Der Antrag auf Schwerbehinderung wird beim Versorgungsamt oder Amt für Soziale Angelegenheiten eingereicht, das für die Feststellung einer Behinderung nach dem Schwerbehindertenrecht und die Ausstellung des Schwerbehindertenausweises zuständig ist.

Welchen Behinderungsgrad bei Herzproblemen?

Nach operativen und anderen therapeutischen Eingriffen am Herzen ist der GdB von der bleibenden Leistungsbeeinträchtigung abhängig. Bei Herzklappenprothesen muss das Amt mindestens einen GdB von 30 feststellen. Eine nötige Dauerbehandlung mit Blutverdünnern (Antikoagulantien) ist dabei schon mitberücksichtigt.

Wie viel Prozent gibt es auf Bluthochdruck?

Etwa jeder vierte Bundesbürger hat einen zu hohen Blutdruck: 26 Prozent der Männer und 27 Prozent der Frauen haben Blutdruckwerte von mehr als 140 zu 90.

Wie hoch ist der Grad der Behinderung bei einer Schilddrüsenunterfunktion?

Der Grad der Behinderung (GdB) bei einer Schilddrüsenunterfunktion (Hypothyreose) variiert stark und liegt meist zwischen 10 und 50, abhängig von der Schwere der Symptome, der Hormonlage und den Auswirkungen auf den Alltag, da eine gut eingestellte Schilddrüse oft nur einen geringen GdB (z.B. 10-20) bedingt, während starke Beschwerden wie Müdigkeit, Konzentrationsstörungen oder psychische Probleme einen höheren GdB (bis 50 oder mehr) rechtfertigen können.
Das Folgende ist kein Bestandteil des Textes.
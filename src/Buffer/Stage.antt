-- ===== src/Buffer/Stage.antt =====
-- A flush, step by step: the rows go to their table, and only then from the Arrow log.
use potatodb.Prelude.{
  ℕ, ◌≡◌, ◌≢◌, refl, sym, ap, ◌∙◌, subst, String, Bool, true, false, Option, none, some, List, [],
  if◌then◌else◌, str_eq, str_eq_iff, Bool-cases, inl, inr, arith,
}
use potatodb.Prelude.HashMap.{HashMap, get}
use potatodb.Catalog.Types.{TableMeta}
use potatodb.Catalog.State.{Catalog}
use potatodb.Arrow.Log.{ArrowWal, Faults, Outcome, checkpoint_table}
use potatodb.Buffer.State.{
  Env, BufferedInsert, Db, done, ConstraintValidationPhase, before_insert, after_insert,
  target_columns,
}
use potatodb.Buffer.Flush.{
  checked, check_constraints, on_world, on_catalog, on_arrow, maybe_auto_analyze, next_temp_table,
  drop_log, write_rows,
}
use potatodb.Buffer.Sound.{Sound, Ends, Ends-bind}

module _ {e : Env} where
  -- Counting rows for ANALYZE changes neither of these.
  pub same_analyzed :
      (table : String) (n : ℕ) (d : Db e)
      → ((maybe_auto_analyze e table n d).write_buffer ≡ d.write_buffer)
        × ((maybe_auto_analyze e table n d).world ≡ d.world)
        × ((maybe_auto_analyze e table n d).replaying_wal ≡ d.replaying_wal)
        × ((maybe_auto_analyze e table n d).catalog ≡ d.catalog)
        × ((maybe_auto_analyze e table n d).arrow_wal ≡ d.arrow_wal)
  unfolding maybe_auto_analyze
  same_analyzed table n d = (ground arith, ground arith, ground arith, ground arith, ground arith)

module _ {e : Env} (s : Sound e) where
  open s use {Content, content, put}

  -- Buffer, rows of the tables, and the flag for replay; the tables of `C` are in the catalog.
  pub record Stage (B : HashMap (BufferedInsert e)) (c : String → Content) (r : Bool)
      (C : HashMap TableMeta) (d : Db e) : Type 0 where
    pub buffer : d.write_buffer ≡ B
    pub rows : (t : String) → content d.world t ≡ c t
    pub mode : d.replaying_wal ≡ r
    pub tables : (t : String) → get d.catalog.tables t ≡ none → get C t ≡ none

  abbrev pub written :
      String → Option (List String) → List e.ipc.Batch → (String → Content) → String → Content
  written table columns xs c t = if str_eq table t then put (c t) columns xs else c t

  module _ (B : HashMap (BufferedInsert e)) (r : Bool) (C : HashMap TableMeta) where
    checked-Stage :
        (c : String → Content) (phase : ConstraintValidationPhase) (table : String)
        (columns : List String) (xs : List e.ipc.Batch) (d : Db e)
        → Stage B c r C d
        → Ends (Stage B c r C) (check_constraints e phase table columns xs d)
    checked-Stage c phase table columns xs d h =
        go (e.validate phase table columns xs d.catalog d.world)
          (λ t. s.content-validate phase table columns xs d.catalog d.world t ∙ h.rows t)
      where
        go :
            (x : e.World × Option e.Merges)
            → ((t : String) → content x.0 t ≡ c t)
            → Ends (Stage B c r C) (checked e d x)
        go (world, none) k = tt
        go (world, some merges) k = record {
          buffer = h.buffer;
          rows = k;
          mode = h.mode;
          tables = h.tables;
        }

    on_world-Stage :
        (c : String → Content) (tmp : ℕ) (table : String) (columns : Option (List String))
        (xs : List e.ipc.Batch) (d : Db e)
        → Stage B c r C d
        → Ends
            (Stage B (written table columns xs c) r C)
            (on_world e (next_temp_table e d) (e.write tmp table columns xs d.catalog d.world))
    on_world-Stage c tmp table columns xs d h =
        go (e.write tmp table columns xs d.catalog d.world) refl
      where
        go :
            (x : e.World × Bool)
            → e.write tmp table columns xs d.catalog d.world ≡ x
            → Ends (Stage B (written table columns xs c) r C) (on_world e (next_temp_table e d) x)
        go (world, false) q = tt
        go (world, true) q = record {
          buffer = h.buffer;
          rows = λ t. elim (Bool-cases (str_eq table t)) [
            | inl here ↦
                let same : table ≡ t = (str_eq_iff table t).0 here in
                rw here (
                  ap (λ x. content x.0 t) (sym q)
                  ∙ subst
                      (λ u.
                        content (e.write tmp table columns xs d.catalog d.world).0 u
                        ≡ put (content d.world u) columns xs)
                      same
                      (s.content-write tmp table columns xs d.catalog d.world (ap (λ x. x.1) q))
                  ∙ ap (λ k. put k columns xs) (h.rows t))
            | inr other ↦
                let differ : table ≢ t = λ eq. cc ((str_eq_iff table t).1 eq, other) in
                rw other (
                  ap (λ x. content x.0 t) (sym q)
                  ∙ s.content-write_other tmp table columns xs d.catalog d.world t differ
                  ∙ h.rows t)
          ];
          mode = h.mode;
          tables = h.tables;
        }

    on_catalog-Stage :
        (c : String → Content) (d : Db e) (x : Catalog × e.World × Bool)
        → Stage B c r C d
        → ((t : String) → content x.1 t ≡ content d.world t)
        → ((t : String) → get x.0.tables t ≡ none → get d.catalog.tables t ≡ none)
        → Ends (Stage B c r C) (on_catalog e d x)
    on_catalog-Stage c d (catalog, world, true) h k l = record {
      buffer = h.buffer;
      rows = λ t. k t ∙ h.rows t;
      mode = h.mode;
      tables = λ t q. h.tables t (l t q);
    }
    on_catalog-Stage c d (catalog, world, false) h k l = tt

    drop_log-Stage :
        (c : String → Content) (f : Faults) (table : String) (d : Db e)
        → Stage B c r C d
        → Ends (Stage B c r C) (drop_log e f table d)
    drop_log-Stage c f table d h = opened d.arrow_wal
      where
        checkpointed : (o : Outcome) → Ends (Stage B c r C) (on_arrow e d o)
        checkpointed (Outcome.ok w) = record {
          buffer = h.buffer;
          rows = h.rows;
          mode = h.mode;
          tables = h.tables;
        }
        checkpointed (Outcome.err w) = tt

        opened :
            (o : Option ArrowWal)
            → Ends
                (Stage B c r C)
                (elim o [ none ↦ done tt d | some w ↦ on_arrow e d (checkpoint_table f table w) ])
        opened none = h
        opened (some w) = checkpointed (checkpoint_table f table w)

    analyzed-Stage :
        (c : String → Content) (table : String) (n : ℕ) (d : Db e)
        → Stage B c r C d
        → Stage B c r C (maybe_auto_analyze e table n d)
    analyzed-Stage c table n d h =
        let (buffer, world, mode, catalog, wal) = same_analyzed table n d in
        record {
          buffer = buffer ∙ h.buffer;
          rows = λ t. ap (λ w. content w t) world ∙ h.rows t;
          mode = mode ∙ h.mode;
          tables = λ t q. h.tables t (ap (λ k. get k.tables t) (sym catalog) ∙ q);
        }

    pub write_rows-Stage :
        (c : String → Content) (f : Faults) (table : String) (entry : BufferedInsert e) (d : Db e)
        → Stage B c r C d
        → Ends
            (Stage B (written table entry.columns entry.batches c) r C)
            (write_rows e f table entry d)
    unfolding write_rows
    write_rows-Stage c f table entry d h =
        let columns = target_columns entry.columns (get d.catalog.tables table) in
        let S = Stage B c r C in
        let T = Stage B (written table entry.columns entry.batches c) r C in
        Ends-bind S T _ _ (checked-Stage c before_insert table columns entry.batches d h)
          λ merges d1 h1.
            Ends-bind T T _ _
              (on_world-Stage c d1.temp_table_counter table entry.columns entry.batches d1 h1)
              λ u d2 h2.
                Ends-bind T T _ _ (checked-Stage _ after_insert table columns [] d2 h2)
                  λ kept d3 h3.
                    Ends-bind T T _ _
                      (drop_log-Stage _ f table (record d3 { world = e.merge merges d3.world })
                        (record {
                          buffer = h3.buffer;
                          rows = λ t. s.content-merge merges d3.world t ∙ h3.rows t;
                          mode = h3.mode;
                          tables = h3.tables;
                        }))
                      λ u d4 h4.
                        let d5 = maybe_auto_analyze e table entry.row_count d4 in
                        Ends-bind T T _ _
                          (on_catalog-Stage _ d5 (e.refresh table d5.catalog d5.world)
                            (analyzed-Stage _ table entry.row_count d4 h4)
                            (s.content-refresh table d5.catalog d5.world)
                            (s.tables-refresh table d5.catalog d5.world))
                          λ u d6 h6.
                            Ends-bind T T _ _
                              (on_catalog-Stage _ d6 (e.compact table d6.catalog d6.world) h6
                                (s.content-compact table d6.catalog d6.world)
                                (s.tables-compact table d6.catalog d6.world))
                              λ u d7 h7. h7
Eine Bewertung erfolgt nach der Versorgungsmedizin-Verordnung (VersMedV) durch einen Gutachter, wobei auch Folgeerscheinungen (z.B. Stimmbandlähmung) berücksichtigt werden.
 

Wie viel Geld bekommen Behinderte im Monat?

Die Höhe des Budgets hängt von den Hilfsleistungen ab, die Sie benötigen. In den meisten Fällen liegt der Betrag zwischen 200 und 800 Euro im Monat. Den Antrag stellen Sie bei dem zuständigen Kostenträger.

Welche Krankheiten kann man beim Versorgungsamt geltend machen?

Chronische Krankheiten

  • Adipositas (GdB 10-40)
  • Allergien (GdB 10-50)
  • Arthrose (GdB 10-20)
  • Bronchialasthma (GdB 0-50)
  • Chronische Schmerzen (GdB 10-70)
  • COPD (20-100)
  • Demenz (GdB 50-100)
  • Diabetes Typ 1 (GdB 50-70)

Wie wirkt sich 50% Schwerbehinderung auf die Rente aus?

Menschen mit einem anerkannten Behinderungsgrad von mindestens 50 können vorzeitig abschlagsfrei in Rente gehen. Voraussetzung sind mindestens 35 Beitragsjahre. Der Grad der Behinderung muss bei Rentenbeginn offiziell festgestellt sein.